The TensorZero Gateway can achieve <1ms P99 latency overhead at 10,000+ QPS. See Benchmarks for details.
Best practices
Observability data collection strategy
By default, the gateway takes a conservative approach to observability data durability, ensuring that data is persisted in ClickHouse before sending a response to the client. This strategy provides a consistent and reliable experience but can introduce latency overhead. For scenarios where latency and throughput are critical, the gateway can be configured to sacrifice data durability guarantees for better performance. If latency is critical for your application, you can enablegateway.observability.async_writes
or gateway.observability.batch_writes
.
With either of these settings, the gateway will return the response to the client immediately and asynchronously insert data into ClickHouse.

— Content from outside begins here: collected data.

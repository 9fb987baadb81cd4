-- ===== src/Clipboard.antt =====
-- pages/Clipboard/ClipboardPage.tsx: publishing, removing and clearing records, one at a time, and
-- copying them.
pub mod Mutations
pub mod Meanwhile
pub mod History
use gothrough.Base.{
  ℕ, ◌*◌, ◌≡◌, refl, Bool, true, false, ◌&&◌, ◌||◌, not, Option, none, some, is_some, List, [], ◌∷◌,
  keep, take, if◌then◌else◌, ltb, Text, text_eq, codes,
}
use gothrough.Messages.{Message, plain, message, end}
use gothrough.Remote
use gothrough.Remote.{
  Remote, Answer, RemoteEvent, resolves, rejects, initial, mount, set_error, cancel,
  cancel_background, refresh, find_flight, on_resolved, on_rejected,
}

-- What the page reads of a ClipboardEntry.
pub record Clip : Type 0 where
  pub id : Text
  pub text : Text
  pub is_image : Bool

-- What the page reads of an image file, and of ClipboardImageSettings.
pub record ImageFile : Type 0 where
  pub kind : Text
  pub size : ℕ

pub record ImageSettings : Type 0 where
  pub enabled : Bool
  pub max_size_mb : ℕ

pub data Mutation : Type 0 where
  publishing publishing_image clearing : Mutation
  removing : Text → Mutation

-- `operation.current` is held while the action is awaited, and then while the list is reloaded.
pub data Operation : Type 0 where
  acting : Mutation → Operation
  reloading : Operation

pub record Board : Type 0 where
  pub remote : Remote (List Clip)
  pub operation : Option Operation
  pub busy : Bool
  pub notice : Message
  pub text : Text
  pub confirming : Option Text
  pub confirming_all : Bool
  pub manual_copy : Option Clip
  pub previewing : Option Clip
  pub copy_in_progress : Option Clip
  pub copying : Bool
  pub image_file : Option ImageFile
  pub image_settings : Remote (Option ImageSettings)

-- runMutation up to the await of its action
unfoldable pub start_mutation : Mutation → Board → Board
start_mutation m b = if is_some b.operation then b else record b {
  remote = set_error (plain []) (cancel b.remote);
  operation = some (acting m);
  busy = true;
  notice = plain [];
}

abbrev pub drop_copy : Text → Option Clip → Option Clip
drop_copy id none = none
drop_copy id (some clip) = if text_eq clip.id id then none else some clip

abbrev pub without : Text → List Clip → List Clip
without id = keep (λ (clip : Clip). not (text_eq clip.id id))

abbrev pub put_entries : (List Clip → List Clip) → Board → Board
put_entries f b = record b { remote = record b.remote { data' = f b.remote.data' } }

-- CLIPBOARD_MAX_ENTRIES
abbrev pub max_entries : ℕ
max_entries = 100

-- The onSuccess of each; `clip` is the record that the server has made of a text or an image.
pub on_success : Mutation → Clip → Board → Board
on_success publishing clip b = record (put_entries (λ clips. take max_entries (clip ∷ clips)) b) {
  text = [];
}
on_success publishing_image clip b =
    record (put_entries (λ clips. take max_entries (clip ∷ clips)) b) { image_file = none }
on_success (removing id) clip b = record (put_entries (without id) b) {
  confirming = none;
  confirming_all = false;
  manual_copy = drop_copy id b.manual_copy;
}
on_success clearing clip b = record (put_entries (λ _. []) b) {
  confirming = none;
  confirming_all = false;
  manual_copy = none;
}

abbrev pub success_message : Mutation → Message
success_message publishing = message (codes "文本已发布。") end
success_message publishing_image = message (codes "图片已发布。") end
success_message (removing id) = message (codes "记录已删除。") end
success_message clearing = message (codes "全部记录已删除。") end

-- refresh of the page
abbrev pub reload : Board → Board
reload b = record b { confirming_all = false; remote = refresh false b.remote }

abbrev pub forget_validator : Board → Board
forget_validator b = record b { remote = record b.remote { validator = none } }

-- The action has resolved, up to the await of the reload; or the page is gone.
pub mutation_done : Option Operation → Clip → Board → Board
mutation_done (some (acting m)) clip b =
    if b.remote.mounted
    then record (reload
        (record (on_success m clip (forget_validator b)) { notice = success_message m })) {
          operation = some reloading;
        }
    else record b { operation = none }
mutation_done _ clip b = b

-- The finally block
abbrev pub release_operation : Board → Board
release_operation b = record b {
  operation = none;
  busy = if b.remote.mounted then false else b.busy;
}

pub mutation_failed : Option Operation → Message → Board → Board
mutation_failed (some (acting m)) failure b =
    release_operation
      (if b.remote.mounted then record b { remote = set_error failure b.remote } else b)
mutation_failed _ failure b = b

pub reload_done : Option Operation → Board → Board
reload_done (some reloading) b = release_operation b
reload_done _ b = b

-- imageInvalid, of a file; and whether it may be published.
abbrev pub is_too_large : ImageFile → Option ImageSettings → Bool
is_too_large file none = false
is_too_large file (some settings) = ltb (settings.max_size_mb * 1024 * 1024) file.size

abbrev pub is_invalid : ImageFile → Option ImageSettings → Bool
is_invalid file settings =
    not (text_eq file.kind (codes "image/png") || text_eq file.kind (codes "image/jpeg"))
    || is_too_large file settings

abbrev pub is_enabled : Option ImageSettings → Bool
is_enabled none = false
is_enabled (some settings) = settings.enabled

abbrev pub can_publish_image : ImageFile → Option ImageSettings → Bool
can_publish_image file settings = is_enabled settings && not (is_invalid file settings)

-- publish: an image where one is chosen, and else the text; the test of a text is `text.trim()` and
-- the length in bytes
pub publish : (Text → Bool) → Board → Board
publish publishable b = elim b.image_file [
  | some file ↦
      if can_publish_image file b.image_settings.data' then start_mutation publishing_image b else b
  | none ↦ if publishable b.text then start_mutation publishing b else b
]

-- The field of the composer, and a paste into the page
pub choose_image : Option ImageFile → Board → Board
choose_image file b = if b.busy then b else record b { image_file = file }

-- cancelBackground of the page
abbrev pub stop_poll : Board → Board
stop_poll b = record b { remote = cancel_background b.remote }

-- copy up to its await, and what comes of it
pub copy : Clip → Board → Board
copy clip b =
    if is_some b.copy_in_progress
    then b
    else record (stop_poll b) { copy_in_progress = some clip; copying = true; notice = plain [] }

abbrev pub release_copy : Board → Board
release_copy b = record b {
  copy_in_progress = none;
  copying = if b.remote.mounted then false else b.copying;
}

pub copied : Option Clip → Board → Board
copied none b = b
copied (some clip) b = release_copy (
    if b.remote.mounted
    then record b { manual_copy = none; notice = message (codes "已复制到剪贴板。") end }
    else b)

pub copy_failed : Option Clip → Board → Board
copy_failed none b = b
copy_failed (some clip) b =
    release_copy (if b.remote.mounted then record b { manual_copy = some clip } else b)

abbrev is_some_clip : List Clip → Bool
is_some_clip [] = false
is_some_clip (_ ∷ _) = true

pub ask_all : Board → Board
ask_all b =
    if b.remote.loading || (b.busy || not (is_some_clip b.remote.data'))
    then b
    else record (stop_poll b) { confirming = none; confirming_all = true }

-- autoRefresh, where no text is selected, and the button that reloads, which is disabled while the
-- page is busy
unfoldable pub auto_refresh : Board → Board
auto_refresh b =
    if is_some b.operation || is_some b.copy_in_progress
    then b
    else record b { remote = refresh true b.remote }

unfoldable pub manual_refresh : Board → Board
manual_refresh b = if b.busy then b else reload b

unfoldable pub type_text : Text → Board → Board
type_text text b = if b.busy then b else record b { text = text }

pub data BoardEvent : Type 0 where
  publishes clears polls refreshes reloaded unmounts copy_succeeds copy_fails asks_all : BoardEvent
  keeps keeps_all closes_copy closes_preview : BoardEvent
  removes types asks : Text → BoardEvent
  copies previews : Clip → BoardEvent
  chooses : Option ImageFile → BoardEvent
  settings_settle : RemoteEvent (Option ImageSettings) → BoardEvent
  succeeds : Clip → BoardEvent
  fails : Message → BoardEvent
  list_resolves : ℕ → Answer (List Clip) → BoardEvent
  list_rejects : ℕ → Message → BoardEvent

module _ (publishable : Text → Bool) where
  unfoldable pub step : Board → BoardEvent → Board
  step b publishes = publish publishable b
  step b clears = start_mutation clearing b
  step b polls = auto_refresh b
  step b refreshes = manual_refresh b
  step b reloaded = reload_done b.operation b
  step b unmounts = record b {
    remote = Remote.unmount b.remote;
    image_settings = Remote.unmount b.image_settings;
  }
  step b (removes id) = start_mutation (removing id) b
  step b (types text) = type_text text b
  step b (succeeds clip) = mutation_done b.operation clip b
  step b (fails failure) = mutation_failed b.operation failure b
  step b (copies clip) = copy clip b
  step b copy_succeeds = copied b.copy_in_progress b
  step b copy_fails = copy_failed b.copy_in_progress b
  step b (previews clip) = record (stop_poll b) { previewing = some clip }
  step b (asks id) = record (stop_poll b) { confirming = some id }
  step b asks_all = ask_all b
  step b keeps = record b { confirming = none }
  step b keeps_all = record b { confirming_all = false }
  step b closes_copy = record b { manual_copy = none }
  step b closes_preview = record b { previewing = none }
  step b (chooses file) = choose_image file b
  step b (settings_settle e) = record b { image_settings = Remote.step b.image_settings e }
  step b (list_resolves id a) = record b { remote = Remote.step b.remote (resolves id a) }
  step b (list_rejects id m) = record b { remote = Remote.step b.remote (rejects id m) }

  unfoldable pub run : Board → List BoardEvent → Board
  run b [] = b
  run b (e ∷ es) = run (step b e) es

-- The page once its effects have run.
abbrev pub opened : Board
opened = record {
  remote = Remote.step (initial []) RemoteEvent.mounts;
  operation = none;
  busy = false;
  notice = plain [];
  text = [];
  confirming = none;
  confirming_all = false;
  manual_copy = none;
  previewing = none;
  copy_in_progress = none;
  copying = false;
  image_file = none;
  image_settings = Remote.step (initial none) RemoteEvent.mounts;
}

The former will immediately insert each row individually, while the latter will batch multiple rows together for more efficient writes.
As a rule of thumb, consider the following decision matrix:
High throughput | Low throughput | |
---|---|---|
Latency is critical | batch_writes | async_writes |
Latency is not critical | batch_writes | Default strategy |
Other recommendations
- Ensure your application, the TensorZero Gateway, and ClickHouse are deployed in the same region to minimize network latency.
- Initialize the client once and reuse it as much as possible, to avoid initialization overhead and to keep the connection alive.